雖然大家他們被人喊作海寇,但是需得知道,在最開始的時候,這些海寇原本也是襄朝陸地上的百姓。

祖宗往上數幾代他們都是住在陸地上的,所以他們骨子裏當然是很希望能住在安安穩穩的地上。

實心的,住著放心安心。

所以雖然到了海上,內心依舊向往這片家鄉,但是被生活所迫,只得將就。

然後他們就看到守望的那些百姓紛紛放棄了自己的房子,轉而遷到裏內地裏。

這些海寇大喜過望,甚至直接將沿海的空房據為己有,之後每次打劫完也不回去了,就地便在守望的房中歇下。

欺人太甚,簡直欺人太甚!

這和闖入主人家連吃帶拿,還要在主人家頭上拉屎有什麽區別?!

泰和帝聽到這裏,氣得一腳便將霍能覺踹出十米遠。然後霍能覺被人拖回來,泰和帝還不解氣,再踹十米遠。再拖回來,泰和帝依舊不解氣,又踹十米遠......

被泰和帝連踹幾腳的霍能覺已經是口吐鮮血。

俞靖洲只冷眼瞥他一眼,心裏沒有任何同情。

但是霍能覺在守望可是威風得很呢。

當時霍能覺放心讓海寇進來時候,原本以為會如從前一般順利,但是霍能覺左等右等不見朝廷的銀兩發下來,於是他著急上火了。

但是那些海寇比他更加著急上火,剛開始還派人好言好語的詢問為什麽朝廷的銀子還不到,後來霍能覺支支吾吾,這些強盜便不幹了。

說好的付費搶劫呢?!

老子都搶了這麽久了,居然銀子還不到!

這些海寇占霍能覺的便宜占習慣了,往日都是百依百順,要什麽霍能覺就給什麽的,可是現在霍能覺突然不聽話了,居然敢不聽話,這些人便只以為是霍能覺拿喬,想談條件。

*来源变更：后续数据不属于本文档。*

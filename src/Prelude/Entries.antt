-- ===== src/Prelude/Entries.antt =====
-- What holds of every entry of a dictionary, sums over its values, and its values in the order of
-- its keys.
use mathlib.Core.Path.{◌≡◌, refl, sym, subst, ◌∙◌}
use mathlib.Core.Logic.{ite, if_pos, if_neg}
use mathlib.Core.List.{List, [], ◌∷◌, ◌++◌}
use mathlib.Core.Option.{none, some}
use native.Mathlib.Omega.{arith}
use Prim.Native.Nat.{ℕ, suc, ◌+◌}
use edmm.Prelude.Dict.{Dict, keys, get, put, Distinct, some_injective}

-- How often an element occurs.
unfoldable pub occurrences : {A : Type 0} → Discrete A → A → List A → ℕ
occurrences dec x [] = 0
occurrences dec x (y ∷ s) = let rest = occurrences dec x s in ite (dec y x) (suc rest) rest

pub occurrences-append :
    {A : Type 0} (dec : Discrete A) (x : A) (s s' : List A)
    → occurrences dec x (s ++ s') ≡ occurrences dec x s + occurrences dec x s'
unfolding occurrences
occurrences-append dec x [] s' = omega arith
occurrences-append dec x (y ∷ s) s' = ground (arith, occurrences-append dec x s s')

-- The sum of a measure over a list.
abbrev pub total : {V : Type 0} → (V → ℕ) → List V → ℕ
total f [] = 0
total f (v ∷ vs) = f v + total f vs

module _ {K V : Type 0} where
  abbrev pub values : Dict K V → List V
  values [] = []
  values ((k, v) ∷ d) = v ∷ values d

  abbrev pub AllEntries : (K → V → Type 0) → Dict K V → Type 0
  AllEntries P [] = Unit {0}
  AllEntries P ((k, v) ∷ d) = P k v × AllEntries P d

  module _ (dec : Discrete K) where
    pub total-put_new :
        (f : V → ℕ) (k : K) (v : V) (d : Dict K V)
        → get dec k d ≡ none
        → total f (values (put dec k v d)) ≡ total f (values d) + f v
    unfolding get put
    total-put_new f k v [] h = omega arith
    total-put_new f k v ((j, u) ∷ d) h = ground (arith, total-put_new f k v d)

    pub total-put_known :
        (f : V → ℕ) (k : K) (v u : V) (more : ℕ) (d : Dict K V)
        → get dec k d ≡ some u
        → f v ≡ f u + more
        → total f (values (put dec k v d)) ≡ total f (values d) + more
    unfolding get put
    total-put_known f k v u more [] h e = cc
    total-put_known f k v u more ((j, w) ∷ d) h e = ground (arith, total-put_known f k v u more d)

    pub keys-put_new :
        (k : K) (v : V) (d : Dict K V)
        → get dec k d ≡ none
        → keys (put dec k v d) ≡ keys d ++ (k ∷ [])
    unfolding get put
    keys-put_new k v [] h = refl
    keys-put_new k v ((j, u) ∷ d) h = ground (arith, keys-put_new k v d)

    pub keys-put_known :
        (k : K) (v u : V) (d : Dict K V) → get dec k d ≡ some u → keys (put dec k v d) ≡ keys d
    unfolding get put
    keys-put_known k v u [] h = cc
    keys-put_known k v u ((j, w) ∷ d) h = ground (arith, keys-put_known k v u d)

    pub AllEntries-get :
        (P : K → V → Type 0) (k : K) (v : V) (d : Dict K V)
        → AllEntries P d
        → get dec k d ≡ some v
        → P k v
    unfolding get
    AllEntries-get P k v [] all h = absurd (cc h)
    AllEntries-get P k v ((j, u) ∷ d) all h = elim (dec j k) [
      | yes p ↦
          subst (λ (i : K). P i v) p
            (subst (P j) (some_injective (sym (if_pos (dec j k) p _ _) ∙ h)) all.0)
      | no p ↦ AllEntries-get P k v d all.1 (sym (if_neg (dec j k) p _ _) ∙ h)
    ]

    pub AllEntries-put :
        (P : K → V → Type 0) (k : K) (v : V) (d : Dict K V)
        → P k v
        → AllEntries P d
        → AllEntries P (put dec k v d)
    unfolding put
    AllEntries-put P k v [] p all = (p, tt)
    AllEntries-put P k v ((j, u) ∷ d) p all = elim (dec j k) [
      | yes e ↦
          subst (AllEntries P) (sym (if_pos (dec j k) e _ _))
            (subst (λ (i : K). P i v) (sym e) p, all.1)
      | no e ↦
          subst (AllEntries P) (sym (if_neg (dec j k) e _ _))
            (all.0, AllEntries-put P k v d p all.1)
    ]

    -- Every entry of the first is found in the second.
    abbrev pub Found : Dict K V → Dict K V → Type 0
    Found e d = AllEntries (λ k v. get dec k d ≡ some v) e

    Found-cons :
        (j : K) (u : V) (e d : Dict K V) → get dec j e ≡ none → Found e d → Found e ((j, u) ∷ d)
    unfolding get
    Found-cons j u [] d absent h = tt
    Found-cons j u ((k, v) ∷ e) d absent h = elim (dec k j) [
      | yes p ↦ absurd (cc (sym (if_pos (dec k j) p _ _) ∙ absent))
      | no p ↦ (
        if_neg (dec j k) (λ q. p (sym q)) (some u) (get dec k d) ∙ h.0,
        Found-cons j u e d (sym (if_neg (dec k j) p _ _) ∙ absent) h.1,
      )
    ]

    pub Found-self : (d : Dict K V) → Distinct dec d → Found d d
    unfolding get
    Found-self [] h = tt
    Found-self ((k, v) ∷ d) h =
        (if_pos (dec k k) refl (some v) (get dec k d), Found-cons k v d d h.0 (Found-self d h.1))
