-- ===== src/AttnUtils/Groups/Partition.antt =====
-- Attention groups divide the layers of a cache group by backend and specification.
use edmm.Prelude.{
  ℕ, String, List, [], ◌∷◌, ◌++◌, map, Option, none, some, true, ◌≡◌, refl, sym, subst, ap₂, ◌∙◌,
  ◌⊎◌, inl, inr, arith, String_discrete, if_pos, Option-cases, append_assoc, append-nil,
}
use edmm.Prelude.Dict.{Dict, get, put, keys, Distinct, put-Distinct}
use edmm.Prelude.Sets.{member}
use edmm.Prelude.Entries.{
  occurrences, occurrences-append, values, total, total-put_new, total-put_known, AllEntries,
  AllEntries-get, AllEntries-put, keys-put_new, keys-put_known, Found, Found-self,
}
use edmm.Prelude.Effect.{Outcome, ok, raised}
use edmm.Prelude.Partial.{◌>>=◌, or_raise}
use edmm.Gpu.{Exception, key_error}
use edmm.Torch.{Torch}
use edmm.AttnUtils.Config
use edmm.AttnUtils.Config.{Vllm, AttnModule, GroupSpec, layer_spec}
use edmm.AttnUtils.Groups.{
  AttentionGroup, Key, same_key, Discovery, join_group, place_layer, discover_layers, in_order,
  discover_group,
}

module _ (t : Torch) (v : Vllm t) (attn_layers : Dict String (AttnModule t v))
    (spec : GroupSpec t v) where
  abbrev pub key_of : AttentionGroup t v → Key t v
  key_of g = (v.full_cls_name g.backend, g.kv_cache_spec)

  -- The layer has the backend's class and the specification of the key.
  abbrev pub HasKey : Key t v → String → Type 0
  HasKey key layer_name =
      (attn_module : AttnModule t v) × (get String_discrete layer_name attn_layers
        ≡ some attn_module)
      × (layer_spec t v spec layer_name ≡ ok key.1)
      × (v.full_cls_name attn_module.backend ≡ key.0)

  abbrev pub AllHaveKey : Key t v → List String → Type 0
  AllHaveKey key [] = Unit {0}
  AllHaveKey key (layer_name ∷ layer_names) = HasKey key layer_name × AllHaveKey key layer_names

  abbrev pub EachAlike : List (AttentionGroup t v) → Type 0
  EachAlike [] = Unit {0}
  EachAlike (g ∷ gs) = AllHaveKey (key_of g) g.layer_names × EachAlike gs

  abbrev times : String → AttentionGroup t v → ℕ
  times layer_name g = occurrences String_discrete layer_name g.layer_names

  abbrev pub times_in : String → List (AttentionGroup t v) → ℕ
  times_in layer_name groups = total (times layer_name) groups

  -- The groups divide the names.
  pub record IsPartition (layer_names : List String) (groups : List (AttentionGroup t v))
      : Type 0 where
    -- Each layer stands in the groups as often as among the names.
    pub each :
        (layer_name : String)
        → times_in layer_name groups ≡ occurrences String_discrete layer_name layer_names
    -- The layers of a group have its backend's class and its specification.
    pub alike : EachAlike groups
    -- No two groups have both in common.
    pub apart : Distinct (same_key t v) (map (λ (g : AttentionGroup t v). (key_of g, g)) groups)

  abbrev Entry : Key t v → AttentionGroup t v → Type 0
  Entry key g = (key ≡ key_of g) × AllHaveKey key g.layer_names

  -- The invariant of the loop over the names.
  record Loop (done : List String) (s : Discovery t v) : Type 0 where
    pub order : s.group_order ≡ keys s.group_map
    pub distinct : Distinct (same_key t v) s.group_map
    pub entries : AllEntries Entry s.group_map
    pub each :
        (layer_name : String)
        → times_in layer_name (values s.group_map) ≡ occurrences String_discrete layer_name done

  AllHaveKey-append :
      (key : Key t v) (xs : List String) (x : String)
      → AllHaveKey key xs
      → HasKey key x
      → AllHaveKey key (xs ++ (x ∷ []))
  AllHaveKey-append key [] x h h' = (h', tt)
  AllHaveKey-append key (y ∷ xs) x h h' = (h.0, AllHaveKey-append key xs x h.1 h')

  -- One more name.
  join_group-Loop :
      (done : List String) (layer_name : String) (backend : v.Backend) (own : v.Spec) (group_id : ℕ)
      (s : Discovery t v) (found : Option (AttentionGroup t v))
      → get (same_key t v) (v.full_cls_name backend, own) s.group_map ≡ found
      → HasKey (v.full_cls_name backend, own) layer_name
      → Loop done s
      → Loop (done ++ (layer_name ∷ [])) (join_group t v layer_name backend own group_id found s)
  unfolding join_group
  join_group-Loop done layer_name backend own group_id s none absent has h = record {
    order = rw h.order (sym (keys-put_new (same_key t v) _ _ s.group_map absent));
    distinct = put-Distinct (same_key t v) _ _ s.group_map h.distinct;
    entries = AllEntries-put (same_key t v) Entry _ _ s.group_map (refl, (has, tt)) h.entries;
    each = λ x. omega (
      arith,
      total-put_new (same_key t v) (times x) _ _ s.group_map absent,
      h.each x,
      occurrences-append String_discrete x done (layer_name ∷ []),
    );
  }
  join_group-Loop done layer_name backend own group_id s (some g) here has h =
      let (same, all) = AllEntries-get (same_key t v) Entry _ g s.group_map h.entries here in
      record {
        order = h.order ∙ sym (keys-put_known (same_key t v) _ _ g s.group_map here);
        distinct = put-Distinct (same_key t v) _ _ s.group_map h.distinct;
        entries =
            AllEntries-put (same_key t v) Entry _ _ s.group_map
              (same, AllHaveKey-append _ g.layer_names layer_name all has) h.entries;
        each = λ x. omega (
          arith,
          total-put_known (same_key t v) (times x) _ _ g
              (occurrences String_discrete x (layer_name ∷ [])) s.group_map here
              (occurrences-append String_discrete x g.layer_names (layer_name ∷ [])),
          h.each x,
          occurrences-append String_discrete x done (layer_name ∷ []),
        );
      }

  -- How the loop ends: with the invariant for all names, or for want of a layer.
  abbrev LoopOr : List String → List String → Outcome Exception (Discovery t v) → Type 0
  LoopOr done rest (ok s) = Loop (done ++ rest) s
  LoopOr done rest (raised e) =
      (e ≡ key_error)
      × (layer_name : String) × (member String_discrete layer_name rest ≡ true)
      × ((get String_discrete layer_name attn_layers ≡ none)
          ⊎ (layer_spec t v spec layer_name ≡ raised key_error))

  -- A layer of which nothing is known is so for the longer list.
  LoopOr-later :
      (done rest : List String) (x : String) (r : Outcome Exception (Discovery t v))
      → LoopOr (done ++ (x ∷ [])) rest r
      → LoopOr done (x ∷ rest) r
  unfolding member
  LoopOr-later done rest x (ok s) h =
      subst (λ names. Loop names s) (append_assoc done (x ∷ []) rest) h
  LoopOr-later done rest x (raised e) (key, name, there, why) =
      (key, name, ground (arith, there), why)

  or_raise-cases :
      {A : Type 0} (found : Option A)
      → ((a : A) × (or_raise found key_error ≡ ok a))
        ⊎ (or_raise found key_error ≡ raised key_error)
  or_raise-cases none = inr refl
  or_raise-cases (some a) = inl (a, refl)

  layer_spec-cases :
      (g : GroupSpec t v) (layer_name : String)
      → ((own : v.Spec) × (layer_spec t v g layer_name ≡ ok own))
        ⊎ (layer_spec t v g layer_name ≡ raised key_error)
  unfolding layer_spec
  layer_spec-cases (Config.single own) layer_name = inl (own, refl)
  layer_spec-cases (Config.uniform specs) layer_name =
      or_raise-cases (get String_discrete layer_name specs)

  place_layer-Loop :
      (done : List String) (x : String) (m : AttnModule t v) (own : v.Spec) (group_id : ℕ)
      (s : Discovery t v)
      → get String_discrete x attn_layers ≡ some m
      → layer_spec t v spec x ≡ ok own
      → Loop done s
      → Loop (done ++ (x ∷ [])) (place_layer t v x m.backend own group_id s)
  unfolding place_layer
  place_layer-Loop done x m own group_id s known of_own h =
      join_group-Loop done x m.backend own group_id
        (record s { attn_backends = put String_discrete x m.backend s.attn_backends }) _ refl
        (m, known, of_own, refl)
        (record { order = h.order; distinct = h.distinct; entries = h.entries; each = h.each })

  discover_layers-Loop :
      (done rest : List String) (group_id : ℕ) (s : Discovery t v)
      → Loop done s
      → LoopOr done rest (discover_layers t v attn_layers spec group_id rest s)
  unfolding discover_layers member
  discover_layers-Loop done [] group_id s h =
      subst (λ names. Loop names s) (sym (append-nil done)) h
  discover_layers-Loop done (x ∷ rest) group_id s h =
      elim (Option-cases (get String_discrete x attn_layers)) [
        | inl unknown ↦ rw unknown (refl, x, if_pos (String_discrete x x) refl true _, inl unknown)
        | inr (m, known) ↦ elim (layer_spec-cases spec x) [
          | inr unknown ↦
              rw (known, unknown) (refl, x, if_pos (String_discrete x x) refl true _, inr unknown)
          | inl (own, of_own) ↦
              rw (known, of_own)
                (LoopOr-later done rest x _ (
                  discover_layers-Loop (done ++ (x ∷ [])) rest group_id _
                    (place_layer-Loop done x m own group_id s known of_own h)))
        ]
      ]

  in_order-keys :
      (e d : Dict (Key t v) (AttentionGroup t v))
      → Found (same_key t v) e d
      → in_order t v (keys e) d ≡ ok (values e)
  unfolding in_order
  in_order-keys [] d h = refl
  in_order-keys ((k, g) ∷ e) d h = rw (h.0, in_order-keys e d h.1) refl

  entries-alike :
      (d : Dict (Key t v) (AttentionGroup t v)) → AllEntries Entry d → EachAlike (values d)
  entries-alike [] h = tt
  entries-alike ((k, g) ∷ d) h =
      (subst (λ key. AllHaveKey key g.layer_names) h.0.0 h.0.1, entries-alike d h.1)

  entries-keyed :
      (d : Dict (Key t v) (AttentionGroup t v))
      → AllEntries Entry d
      → map (λ (g : AttentionGroup t v). (key_of g, g)) (values d) ≡ d
  entries-keyed [] h = refl
  entries-keyed ((k, g) ∷ d) h = ap₂ (λ key rest. (key, g) ∷ rest) (sym h.0.0) (entries-keyed d h.1)

  Loop-IsPartition :
      (layer_names : List String) (s : Discovery t v)
      → Loop layer_names s
      → IsPartition layer_names (values s.group_map)
  Loop-IsPartition layer_names s h = record {
    each = h.each;
    alike = entries-alike s.group_map h.entries;
    apart = rw (entries-keyed s.group_map h.entries) h.distinct;
  }

  abbrev pub PartitionOr :
      List String → Outcome Exception (List (AttentionGroup t v) × Dict String v.Backend) → Type 0
  PartitionOr layer_names (ok (groups, attn_backends)) = IsPartition layer_names groups
  PartitionOr layer_names (raised e) =
      (e ≡ key_error)
      × (layer_name : String) × (member String_discrete layer_name layer_names ≡ true)
      × ((get String_discrete layer_name attn_layers ≡ none)
          ⊎ (layer_spec t v spec layer_name ≡ raised key_error))

  grouped :
      (layer_names : List String) (r : Outcome Exception (Discovery t v))
      → LoopOr [] layer_names r
      → PartitionOr layer_names (
          r >>= (λ s.
            in_order t v s.group_order s.group_map >>= (λ groups. ok (groups, s.attn_backends))))
  grouped layer_names (raised e) h = h
  grouped layer_names (ok s) h =
      rw
        (
          h.order,
          in_order-keys s.group_map s.group_map (Found-self (same_key t v) s.group_map h.distinct),
        )
        (Loop-IsPartition layer_names s h)

  -- The groups that are found for a cache group divide its layers: each layer stands in them as
  -- often as among the names, the layers of a group have the class of its backend and its
  -- specification, and no two groups have both in common. A KeyError is raised only for a name
  -- among them that has no module or no specification.
  pub discover_group-IsPartition :
      (group_id : ℕ) (layer_names : List String) (attn_backends : Dict String v.Backend)
      → PartitionOr layer_names
          (discover_group t v attn_layers group_id layer_names spec attn_backends)
  unfolding discover_group occurrences
  discover_group-IsPartition group_id layer_names attn_backends = grouped layer_names _ (
      discover_layers-Loop [] layer_names group_id _
        (record { order = refl; distinct = tt; entries = tt; each = λ x. refl }))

海寇首領一怒之下怒了一下,幹脆帶人跑到了守望的最北邊,也就是夏州境邊。

這可嚇壞了霍能覺。

若是只在守望境內,一切好說,畢竟這裏是他的地盤,可是夏州又不歸他管,那群海寇跑到夏州境邊耀武揚威,是要斷了他的生路。

這個道理霍能覺知道,海寇自然也知道。

守望上一屆將領劉年陳在任時候,他們這些海寇過的都是一些沒臉沒皮人嫌狗恨的苦日子。後來霍能覺來了,雖然他們仍舊沒臉沒皮,仍舊人嫌狗恨,但是最起碼日子也是好起來了。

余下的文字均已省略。